Carbon diox­ide is also released as waste when living things extract energy from their food, which is why we breath the stuff out in higher con­cen­tra­tions than we breath it in. With so many of us belch­ing it out, levels would quickly build up, but plants use the gas as a build­ing block for the sugars they pro­duce during pho­to­syn­thesis, remov­ing it from the atmo­sphere almost as quickly as it’s produced.

Still with us?

CO2 also has a couple of unusual prop­er­ties. Unlike most other gases, it’s never found as a liquid at normal pres­sures. Dry ice – beloved back­drop to 80s photo shoots – is frozen carbon diox­ide. The groovy vapour is pro­duced as it heats up and turns dir­ectly into a gas – a pro­cess known as sublimation.

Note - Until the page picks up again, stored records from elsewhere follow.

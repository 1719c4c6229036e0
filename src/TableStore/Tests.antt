-- ===== src/TableStore/Tests.antt =====
-- The table store theorems at a small table.
use qtable_server.Base.{
  ℕ, suc, ◌≤◌, String, Bool, true, false, none, some, List, [], ◌∷◌, ◌≡◌, refl, arith, Dict, length,
  lookup, insert, string_eq,
}
use qtable_server.Base.Int.{ℤ, pos, ◌+ℤ◌}
use qtable_server.Base.Result.{ok, err}
use qtable_server.Json.{Json, null, int, str, bool, obj, dict_members, get, truthy}
use qtable_server.AutoNumber.{
  normalize_auto_number_property, allocate_auto_number_values, property_dict, prefix_of, ranged,
  next_number, updated, max_ℤ, int_of, range_from, type_is, is_auto_number_field, get_default,
}
use qtable_server.Text.{char_count}
use qtable_server.TableStore.{
  Table, Files, key_error, has_id, set_hidden, set_all_hidden, update_record_file,
  delete_field_file, update_field_visibility_file, load_table, save_table, lift, ◌>>◌,
  apply_record_patches_file, apply_patches, last_with_id, set_cell_at,
}
use qtable_server.TableStore.Records.{IsUpdated, update_record_file-IsUpdated}
use qtable_server.TableStore.Fields.{IsFieldDeleted, delete_field_file-IsFieldDeleted}
use qtable_server.TableStore.Views.{
  kept_views, set_file_table_default_view_id, make_default, create_view_file, delete_view_file,
  remove_view,
}
use qtable_server.TableStore.ViewRules.{delete_view_file-keeps_one}
use qtable_server.TableStore.Schema.{
  seed_numbers, keep_sequence, split_at_id, update_field_file, updated_field, renumber,
  merge_updates,
}
use qtable_server.TableStore.Schema.Sequence.{update_field_file-keeps_sequence}

abbrev title : Dict Json
title = ("id", str "f1") ∷ ("type", str "text") ∷ []

abbrev number : Dict Json
number = ("id", str "f2") ∷ ("type", str "autoNumber") ∷ []

abbrev row : String → Dict Json
row id = ("id", str id) ∷ ("f1", str "x") ∷ []

abbrev view : String → Dict Json
view id = ("id", str id) ∷ []

abbrev blank : Table
blank = record {
  fields = [];
  records = [];
  views = [];
  filters = [];
  sorts = [];
  group_config = null;
}

abbrev tasks : Table
tasks = record blank {
  fields = title ∷ number ∷ [];
  records = row "r1" ∷ row "r2" ∷ [];
  views = view "v1" ∷ view "v2" ∷ [];
}

abbrev files : Files
files = ("t1", tasks) ∷ []

update_record_file-IsUpdated_example :
    IsUpdated "t1" "r2" "f1"
      (str "y")
      files
      tasks
      (update_record_file blank "t1" "r2" "f1" (str "y") files)
update_record_file-IsUpdated_example =
    update_record_file-IsUpdated blank "t1" "r2" "f1" (str "y") files tasks refl

delete_field_file-IsFieldDeleted_example :
    IsFieldDeleted "t1" "f1" files tasks (delete_field_file blank "t1" "f1" files)
delete_field_file-IsFieldDeleted_example =
    delete_field_file-IsFieldDeleted blank "t1" "f1" files tasks refl

abbrev shown : Bool → Dict Json → Dict Json
shown hidden f = insert "property" (obj (dict_members (("hidden", bool hidden) ∷ []))) f

abbrev f1_hidden : Files
f1_hidden = ("t1", record tasks { fields = shown true title ∷ shown false number ∷ [] }) ∷ []

hides_f1 : update_field_visibility_file blank "t1" ("f1" ∷ []) files ≡ (ok true, f1_hidden)
unfolding update_field_visibility_file load_table save_table lift ◌>>◌ set_all_hidden set_hidden
    has_id type_is property_dict truthy
hides_f1 = refl

view_without_id :
    create_view_file blank "t1" [] (("t1", blank) ∷ [])
    ≡ (err key_error, ("t1", record blank { views = [] ∷ [] }) ∷ [])
unfolding create_view_file make_default load_table save_table ◌>>◌
view_without_id = refl

abbrev one_view : Table
one_view = record tasks { views = view "v2" ∷ [] }

v1_deleted : lookup "t1" (delete_view_file blank "t1" "v1" files).1 ≡ some one_view
unfolding delete_view_file remove_view load_table save_table ◌>>◌ has_id type_is truthy
    set_file_table_default_view_id
v1_deleted = refl

one_v1 : length tasks.views ≤ suc (length (kept_views "v1" tasks))
unfolding has_id type_is
one_v1 = omega arith

delete_view_file-keeps_one_example : 1 ≤ length one_view.views
delete_view_file-keeps_one_example =
    delete_view_file-keeps_one blank "t1" "v1" files tasks one_view refl (omega arith) one_v1
      v1_deleted

abbrev sent_rows : List (Dict Json × ℕ)
sent_rows = (("f1", str "a") ∷ ("f2", int (pos 99)) ∷ [], 5) ∷ ([], 6) ∷ []

abbrev numbered : ℕ → Dict Json
numbered next =
    ("nextNumber", int (pos next))
    ∷ ("prefix", str "")
    ∷ ("digits", int (pos 3))
    ∷ ("start", int (pos 1))
    ∷ []

-- A client that sends a next number of its own does not choose the first number.
seeded_from_one :
    seed_numbers (obj (dict_members (("nextNumber", int (pos 50)) ∷ []))) tasks.records
    ≡ ok (pos 1 ∷ pos 2 ∷ [], numbered 3)
unfolding seed_numbers allocate_auto_number_values range_from ◌+ℤ◌ normalize_auto_number_property
    property_dict prefix_of ranged next_number updated max_ℤ int_of char_count
seeded_from_one = refl

-- An edit that asks for another start and another next number.
abbrev requested : Json
requested = obj (
    dict_members (
      ("nextNumber", int (pos 1))
      ∷ ("prefix", str "")
      ∷ ("digits", int (pos 3))
      ∷ ("start", int (pos 40))
      ∷ []))

kept_at_three : keep_sequence (obj (dict_members (numbered 3))) requested ≡ ok (numbered 3)
unfolding keep_sequence normalize_auto_number_property property_dict prefix_of ranged next_number
    updated max_ℤ int_of char_count
kept_at_three = refl

abbrev number_field : ℕ → Dict Json
number_field next =
    ("id", str "n")
    ∷ ("type", str "autoNumber")
    ∷ ("property", obj (dict_members (numbered next)))
    ∷ []

abbrev counted_table : Table
counted_table = record blank { fields = number_field 3 ∷ [] }

abbrev edit : Dict Json
edit = ("property", requested) ∷ []

field_found : split_at_id "n" counted_table.fields ≡ some ([], number_field 3, [])
unfolding split_at_id has_id type_is
field_found = refl

field_numbered : is_auto_number_field (number_field 3) ≡ true
unfolding is_auto_number_field type_is
field_numbered = refl

type_left_out : type_is "autoNumber" (get_default "type" (get "type" (number_field 3)) edit) ≡ true
unfolding type_is
type_left_out = refl

edited :
    update_field_file blank "t1" "n" edit (("t1", counted_table) ∷ [])
    ≡ (ok (some (number_field 3)), ("t1", counted_table) ∷ [])
unfolding update_field_file updated_field renumber merge_updates split_at_id keep_sequence
    normalize_auto_number_property property_dict prefix_of ranged next_number updated max_ℤ int_of
    char_count is_auto_number_field type_is has_id load_table save_table ◌>>◌
edited = refl

update_field_file-keeps_sequence_example :
    (◌≡◌ {A = Files} (("t1", counted_table) ∷ []) (
      insert "t1"
        (record counted_table { fields = number_field 3 ∷ [] })
        (("t1", counted_table) ∷ [])))
    × ((old new : Dict Json) × (normalize_auto_number_property
            (get "property" (number_field 3))
            none
          ≡ ok old)
        × (get "property" (number_field 3) ≡ obj (dict_members new))
        × (get "start" new ≡ get "start" old))
    × ((n : ℕ)
        → (numbers : List ℤ) × (d e : Dict Json) × (allocate_auto_number_values
              (get "property" (number_field 3))
              (pos n)
            ≡ ok (numbers, d))
          × (allocate_auto_number_values (get "property" (number_field 3)) (pos n)
              ≡ ok (numbers, e)))
update_field_file-keeps_sequence_example =
    update_field_file-keeps_sequence blank "t1" "n" edit (("t1", counted_table) ∷ [])
      (("t1", counted_table) ∷ []) counted_table [] [] (number_field 3) (number_field 3) refl
      field_found field_numbered type_left_out edited

-- A type of null leaves the type as it is and the property is taken as it was sent.
null_type_resets :
    update_field_file blank "t1" "n" (("type", null) ∷ edit) (("t1", counted_table) ∷ []) ≡ (
      ok (some (("id", str "n") ∷ ("type", str "autoNumber") ∷ ("property", requested) ∷ [])),
      (
        "t1",
        record counted_table {
          fields =
              (("id", str "n") ∷ ("type", str "autoNumber") ∷ ("property", requested) ∷ []) ∷ [];
        },
      )
          ∷ [],
    )
unfolding update_field_file updated_field merge_updates split_at_id type_is has_id load_table
    save_table ◌>>◌
null_type_resets = refl

-- The last record with the id takes the patches, and a patch of no record is not counted.
patched :
    apply_record_patches_file blank "t1"
      (record { record_id = "r2"; field_id = "f1"; value = null }
        ∷ record { record_id = "r3"; field_id = "f1"; value = null }
        ∷ [])
      files
    ≡ (ok 1, ("t1", record tasks { records = row "r1" ∷ insert "f1" null (row "r2") ∷ [] }) ∷ [])
unfolding apply_record_patches_file apply_patches last_with_id set_cell_at load_table save_table
    ◌>>◌ has_id type_is
patched = refl
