-- ===== src/Workspace.antt =====
-- The workspace tree of the file backend: app/services/workspace/file_ops.py and the search of
-- app/services/workspace/helpers.py. A node that the code mutates in place is the first one that
-- the search finds; an id is taken to name one node, so that a node which the code looked up is
-- still the one found after another has been detached. Reading the clock for an id is an argument,
-- and the data files of tables and dashboards are not part of the tree.
pub mod Count
pub mod Moves
mod Tests
use qtable_server.Base.{
  String, Bool, true, false, not, Option, none, some, ◌==◌, string_eq, if◌then◌else◌, ◌||◌, ◌&&◌,
}
use qtable_server.Base.Result.{Result, ok, err}

-- A dashboard has children only where a table was copied below it, and no search looks there.
mutual
  pub data Node : Type 0 where
    folder : String → String → Nodes → Node
    table : String → String → String → Node
    dashboard : String → String → Nodes → Node

  pub data Nodes : Type 0 where
    nil : Nodes
    cons : Node → Nodes → Nodes

pub record Workspace : Type 0 where
  pub root_id : String
  pub root_name : String
  pub children : Nodes

abbrev pub node_id : Node → String
node_id (folder id name children) = id
node_id (table id name view) = id
node_id (dashboard id name children) = id

-- The search goes into folders.
abbrev pub inside : Node → Nodes
inside (folder id name children) = children
inside _ = nil

abbrev pub or_else : Option Node → Option Node → Option Node
or_else (some c) later = some c
or_else none later = later

unfoldable mutual
  -- `_find_node`
  pub find_node : Nodes → String → Option Node
  find_node nil id = none
  find_node (cons c rest) id =
      let below = find_inside c id in
      let later = find_node rest id in if node_id c == id then some c else or_else below later

  pub find_inside : Node → String → Option Node
  find_inside (folder i name children) id = find_node children id
  find_inside (table i name view) id = none
  find_inside (dashboard i name children) id = none

-- The list behind a change in its first node, or in the nodes after it.
abbrev pub changed : Option Node → Node → Nodes → Option Nodes → Option Nodes
changed (some c') c rest later = some (cons c' rest)
changed none c rest none = none
changed none c rest (some rest') = some (cons c rest')

abbrev pub with_children : String → String → Option Nodes → Option Node
with_children id name none = none
with_children id name (some children) = some (folder id name children)

-- A change of the node that `_find_node` returns, seen in the tree.
unfoldable mutual
  pub update_node : (Node → Node) → Nodes → String → Option Nodes
  update_node f nil id = none
  update_node f (cons c rest) id =
      let below = update_inside f c id in
      let later = update_node f rest id in
      if node_id c == id then some (cons (f c) rest) else changed below c rest later

  pub update_inside : (Node → Node) → Node → String → Option Node
  update_inside f (folder i name children) id = with_children i name (update_node f children id)
  update_inside f (table i name view) id = none
  update_inside f (dashboard i name children) id = none

abbrev pub kept_apart :
    Option (Node × Node) → Node → Nodes → Option (Node × Nodes) → Option (Node × Nodes)
kept_apart (some (n, c')) c rest later = some (n, cons c' rest)
kept_apart none c rest none = none
kept_apart none c rest (some (n, rest')) = some (n, cons c rest')

abbrev pub folder_without : String → String → Option (Node × Nodes) → Option (Node × Node)
folder_without id name none = none
folder_without id name (some (n, children)) = some (n, folder id name children)

-- `_find_parent(...).remove(_find_node(...))`: the node, and the tree without it.
unfoldable mutual
  pub detach : Nodes → String → Option (Node × Nodes)
  detach nil id = none
  detach (cons c rest) id =
      let below = detach_inside c id in
      let later = detach rest id in
      if node_id c == id then some (c, rest) else kept_apart below c rest later

  pub detach_inside : Node → String → Option (Node × Node)
  detach_inside (folder i name children) id = folder_without i name (detach children id)
  detach_inside (table i name view) id = none
  detach_inside (dashboard i name children) id = none

-- `[c for c in parent_children if c.get("id") != item_id]`
unfoldable pub drop_id : String → Nodes → Nodes
drop_id id nil = nil
drop_id id (cons c rest) = if node_id c == id then drop_id id rest else cons c (drop_id id rest)

-- The list that `_find_parent` returns loses every node with the id.
unfoldable mutual
  pub delete_node : Nodes → String → Option Nodes
  delete_node nil id = none
  delete_node (cons c rest) id =
      let below = delete_inside c id in
      let later = delete_node rest id in
      if node_id c == id then some (drop_id id rest) else changed below c rest later

  pub delete_inside : Node → String → Option Node
  delete_inside (folder i name children) id = with_children i name (delete_node children id)
  delete_inside (table i name view) id = none
  delete_inside (dashboard i name children) id = none

abbrev pub snoc : Nodes → Node → Nodes
snoc nil n = cons n nil
snoc (cons c rest) n = cons c (snoc rest n)

-- `parent.setdefault("children", []).append(node)`; no operation appends to a table.
unfoldable pub append_child : Node → Node → Node
append_child n (folder id name children) = folder id name (snoc children n)
append_child n (table id name view) = table id name view
append_child n (dashboard id name children) = dashboard id name (snoc children n)

unfoldable pub set_name : String → Node → Node
set_name name (folder id old children) = folder id name children
set_name name (table id old view) = table id name view
set_name name (dashboard id old children) = dashboard id name children

-- `parent.get("type") in {"table", "dashboard"}` refuses, in all operations but one.
abbrev pub is_folder : Node → Bool
is_folder (folder id name children) = true
is_folder _ = false

abbrev pub is_table : Node → Bool
is_table (table id name view) = true
is_table _ = false

abbrev pub is_dashboard : Node → Bool
is_dashboard (dashboard id name children) = true
is_dashboard _ = false

abbrev pub fits : (Node → Bool) → Option Node → Bool
fits p none = false
fits p (some n) = p n

-- The root has no type, and takes every child.
abbrev pub takes_child : (Node → Bool) → Workspace → String → Bool
takes_child p ws parent_id = ws.root_id == parent_id || fits p (find_node ws.children parent_id)

abbrev or_same : Nodes → Option Nodes → Nodes
or_same children none = children
or_same children (some changed_children) = changed_children

-- The tree after a child was appended; a parent that is not in the tree changes nothing in it.
unfoldable pub add_child : Workspace → String → Node → Workspace
add_child ws parent_id n =
    if ws.root_id == parent_id then record ws { children = snoc ws.children n } else record ws {
      children = or_same ws.children (update_node (append_child n) ws.children parent_id);
    }

-- `workspace_id and workspace_id != "wkbDefault"` refuses.
unfoldable pub is_default_workspace : Option String → Bool
is_default_workspace none = true
is_default_workspace (some id) = id == "" || id == "wkbDefault"

pub data WorkspaceError : Type 0 where
  invalid_workspace invalid_parent : WorkspaceError

-- The part that the three creations share.
unfoldable pub create_item :
    Workspace → Node → String → Option String → Result WorkspaceError (Workspace × Node)
create_item ws n parent_id workspace_id =
    if not (is_default_workspace workspace_id)
    then err invalid_workspace
    else if takes_child is_folder ws parent_id
    then ok (add_child ws parent_id n, n)
    else err invalid_parent

abbrev pub create_folder :
    Workspace → String → String → String → Option String → Result WorkspaceError (Workspace × Node)
create_folder ws new_id name parent_id workspace_id =
    create_item ws (folder new_id name nil) parent_id workspace_id

abbrev pub create_table :
    Workspace
    → String
    → String
    → String
    → String
    → Option String
    → Result WorkspaceError (Workspace × Node)
create_table ws new_id name parent_id default_view_id workspace_id =
    create_item ws (table new_id name default_view_id) parent_id workspace_id

abbrev pub create_dashboard :
    Workspace → String → String → String → Option String → Result WorkspaceError (Workspace × Node)
create_dashboard ws new_id name parent_id workspace_id =
    create_item ws (dashboard new_id name nil) parent_id workspace_id

abbrev pub saved : Workspace → Option Nodes → Workspace × Bool
saved ws none = (ws, false)
saved ws (some children) = (record ws { children = children }, true)

unfoldable pub rename_item : Workspace → String → String → Option String → Workspace × Bool
rename_item ws item_id name workspace_id =
    if not (is_default_workspace workspace_id)
    then (ws, false)
    else if ws.root_id == item_id
    then (record ws { root_name = name }, true)
    else saved ws (update_node (set_name name) ws.children item_id)

unfoldable pub delete_item : Workspace → String → Option String → Workspace × Bool
delete_item ws item_id workspace_id =
    if not (is_default_workspace workspace_id)
    then (ws, false)
    else saved ws (delete_node ws.children item_id)

-- The end of `move_item`: the node is removed from its list and appended to the new parent, which
-- was looked up before.
unfoldable pub reattach : Workspace → String → Option (Node × Nodes) → Workspace × Bool
reattach ws new_parent_id none = (ws, false)
reattach ws new_parent_id (some (n, rest)) =
    (add_child (record ws { children = rest }) new_parent_id n, true)

unfoldable pub move_item : Workspace → String → String → Option String → Workspace × Bool
move_item ws item_id new_parent_id workspace_id =
    if not (is_default_workspace workspace_id)
    then (ws, false)
    else if takes_child is_folder ws new_parent_id
    then reattach ws new_parent_id (detach ws.children item_id)
    else (ws, false)

-- `new_name or f"{name} Copy"`, given the name that the node has.
abbrev copy_name : Option String → String → String
copy_name none copied = copied
copy_name (some name) copied = if name == "" then copied else name

abbrev view_of : Option Node → String
view_of (some (table id name view)) = view
view_of _ = "v1"

-- `copied_name` is the name of the node with " Copy" behind it. A dashboard is taken as the parent.
unfoldable pub copy_table :
    Workspace
    → String
    → String
    → String
    → Option String
    → String
    → Option String
    → Workspace × Option Node
copy_table ws new_id table_id new_parent_id new_name copied_name workspace_id =
    let node = find_node ws.children table_id in
    let copy = table new_id (copy_name new_name copied_name) (view_of node) in
    if is_default_workspace workspace_id
      && fits is_table node
      && takes_child (λ n. not (is_table n)) ws new_parent_id
    then (add_child ws new_parent_id copy, some copy)
    else (ws, none)

unfoldable pub copy_dashboard :
    Workspace
    → String
    → String
    → String
    → Option String
    → String
    → Option String
    → Workspace × Option Node
copy_dashboard ws new_id dashboard_id new_parent_id new_name copied_name workspace_id =
    let copy = dashboard new_id (copy_name new_name copied_name) nil in
    if is_default_workspace workspace_id
      && fits is_dashboard (find_node ws.children dashboard_id)
      && takes_child is_folder ws new_parent_id
    then (add_child ws new_parent_id copy, some copy)
    else (ws, none)
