-- ===== src/Workspace/Count.antt =====
-- How often an id occurs in the tree, and what the changes of one node do to that.
use qtable_server.Base.{
  ℕ, ◌+◌, String, false, Option, none, some, ◌≡◌, refl, ap, ◌∙◌, arith, inl, inr, ◌==◌, string_eq,
  if◌then◌else◌, Bool-cases, Option-cases,
}
use qtable_server.Workspace.{
  Node, folder, table, dashboard, Nodes, nil, cons, node_id, find_node, find_inside, update_node,
  update_inside, detach, detach_inside, snoc, append_child, is_table,
}

abbrev pub hit : String → String → ℕ
hit k id = if id == k then 1 else 0

unfoldable mutual
  pub count : String → Nodes → ℕ
  count k nil = 0
  count k (cons c rest) = node_count k c + count k rest

  pub node_count : String → Node → ℕ
  node_count k (folder id name children) = hit k id + count k children
  node_count k (table id name view) = hit k id
  node_count k (dashboard id name children) = hit k id + count k children

pub count-snoc :
    (k : String) (cs : Nodes) (n : Node) → count k (snoc cs n) ≡ count k cs + node_count k n
unfolding count
count-snoc k nil n = omega arith
count-snoc k (cons c cs) n = omega (arith, count-snoc k cs n)

pub append_child-count :
    (k : String) (n c : Node)
    → is_table c ≡ false
    → node_count k (append_child n c) ≡ node_count k c + node_count k n
unfolding append_child node_count
append_child-count k n (folder id name children) h = omega (arith, count-snoc k children n)
append_child-count k n (table id name view) h = cc
append_child-count k n (dashboard id name children) h = omega (arith, count-snoc k children n)

mutual
  unfolding find_node update_node

  pub update_node-absent :
      (f : Node → Node) (cs : Nodes) (id : String)
      → find_node cs id ≡ none
      → update_node f cs id ≡ none
  update_node-absent f nil id h = refl
  update_node-absent f (cons x rest) id h = elim (Bool-cases (node_id x == id)) [
    | inl here ↦ absurd (cc (rw here at h))
    | inr other ↦ elim (Option-cases (find_inside x id)) [
      | inl above ↦
          rw (other, update_inside-absent f x id above)
            (rw (update_node-absent f rest id (rw (other, above) at h)) refl)
      | inr (c, below) ↦ absurd (cc (rw (other, below) at h))
    ]
  ]

  update_inside-absent :
      (f : Node → Node) (x : Node) (id : String)
      → find_inside x id ≡ none
      → update_inside f x id ≡ none
  update_inside-absent f (folder i name cs) id h = rw (update_node-absent f cs id h) refl
  update_inside-absent f (table i name v) id h = refl
  update_inside-absent f (dashboard i name cs) id h = refl

some_inj : {c d : Node} → ◌≡◌ {A = Option Node} (some c) (some d) → c ≡ d
some_inj e = cc

mutual
  unfolding find_node update_node count

  -- A change of the node that is found changes the count by what it changes that node's count.
  pub update_node-count :
      (k : String) (f : Node → Node) (d : ℕ) (cs : Nodes) (id : String) (c : Node)
      → find_node cs id ≡ some c
      → node_count k (f c) ≡ node_count k c + d
      → (cs' : Nodes) × (update_node f cs id ≡ some cs') × (count k cs' ≡ count k cs + d)
  update_node-count k f d nil id c found grows = cc
  update_node-count k f d (cons x rest) id c found grows = elim (Bool-cases (node_id x == id)) [
    | inl here ↦
        let e : x ≡ c = some_inj (rw here at found) in
        let g : node_count k (f x) ≡ node_count k x + d = rw e grows in
        rw here (cons (f x) rest, refl, omega (arith, g))
    | inr other ↦ elim (Option-cases (find_inside x id)) [
      | inl above ↦
          let (rest', e, grown) =
            update_node-count k f d rest id c (rw (other, above) at found) grows in
          rw (other, update_inside-absent f x id above)
            (rw e (cons x rest', refl, omega (arith, grown)))
      | inr (c', below) ↦
          let same : c' ≡ c = some_inj (rw (other, below) at found) in
          let (x', e, grown) = update_inside-count k f d x id c (below ∙ ap some same) grows in
          rw other (rw e (cons x' rest, refl, omega (arith, grown)))
    ]
  ]

  update_inside-count :
      (k : String) (f : Node → Node) (d : ℕ) (x : Node) (id : String) (c : Node)
      → find_inside x id ≡ some c
      → node_count k (f c) ≡ node_count k c + d
      → (x' : Node) × (update_inside f x id ≡ some x') × (node_count k x' ≡ node_count k x + d)
  update_inside-count k f d (folder i name cs) id c found grows =
      let (cs', e, grown) = update_node-count k f d cs id c found grows in
      rw e (folder i name cs', refl, omega (arith, grown))
  update_inside-count k f d (table i name v) id c found grows = cc
  update_inside-count k f d (dashboard i name cs) id c found grows = cc

abbrev parts_count : String → Option (Node × Nodes) → ℕ
parts_count k none = 0
parts_count k (some (n, cs)) = count k cs + node_count k n

abbrev parts_inside : String → Option (Node × Node) → ℕ
parts_inside k none = 0
parts_inside k (some (n, c)) = node_count k c + node_count k n

mutual
  unfolding detach count

  -- Detaching a node takes its ids, and those below it, out of the tree.
  pub detach-count :
      (k : String) (cs : Nodes) (id : String) (n : Node) (rest' : Nodes)
      → detach cs id ≡ some (n, rest')
      → count k cs ≡ count k rest' + node_count k n
  detach-count k nil id n rest' h = cc
  detach-count k (cons x rest) id n rest' h = elim (Bool-cases (node_id x == id)) [
    | inl here ↦ let e = ap (parts_count k) (rw here at h) in omega (arith, e)
    | inr other ↦ elim (Option-cases (detach_inside x id)) [
      | inl above ↦ elim (Option-cases (detach rest id)) [
        | inl gone ↦ absurd (cc (rw (other, above, gone) at h))
        | inr ((m, r), e) ↦
            let later = detach-count k rest id m r e in
            let total = ap (parts_count k) (rw (other, above, e) at h) in
            omega (arith, later, total)
      ]
      | inr ((m, x'), below) ↦
          let first = detach_inside-count k x id m x' below in
          let total = ap (parts_count k) (rw (other, below) at h) in omega (arith, first, total)
    ]
  ]

  detach_inside-count :
      (k : String) (x : Node) (id : String) (n x' : Node)
      → detach_inside x id ≡ some (n, x')
      → node_count k x ≡ node_count k x' + node_count k n
  detach_inside-count k (folder i name cs) id n x' h = elim (Option-cases (detach cs id)) [
    | inl gone ↦ absurd (cc (rw gone at h))
    | inr ((m, r), e) ↦
        let below = detach-count k cs id m r e in
        let total = ap (parts_inside k) (rw e at h) in omega (arith, below, total)
  ]
  detach_inside-count k (table i name v) id n x' h = cc
  detach_inside-count k (dashboard i name cs) id n x' h = cc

In the atmo­sphere it’s also a green­house gas; absorb­ing heat from the sun that bounces back off the earth’s sur­face, and reflect­ing some of it back down­wards. Without this effect, the earth would be too cool for us to live on, but CO2 levels have increased markedly since the indus­trial revolu­tion, increas­ing the amount of heat that gets trapped by the atmo­sphere – it’s one of the main factors thought to cause global warming.

IMAGES

While look­ing for pic­tures to illus­trate this post, we happened on these amaz­ing shots by Flickr user jur­vet­son. They’re pic­tures of an art-​​come-​​science exhibit by Shawn Lani that pitched chips of dry ice into a bowl of water. There’s some stun­ning video of Icy Bodies on the Shawn Lani Stu­dios website.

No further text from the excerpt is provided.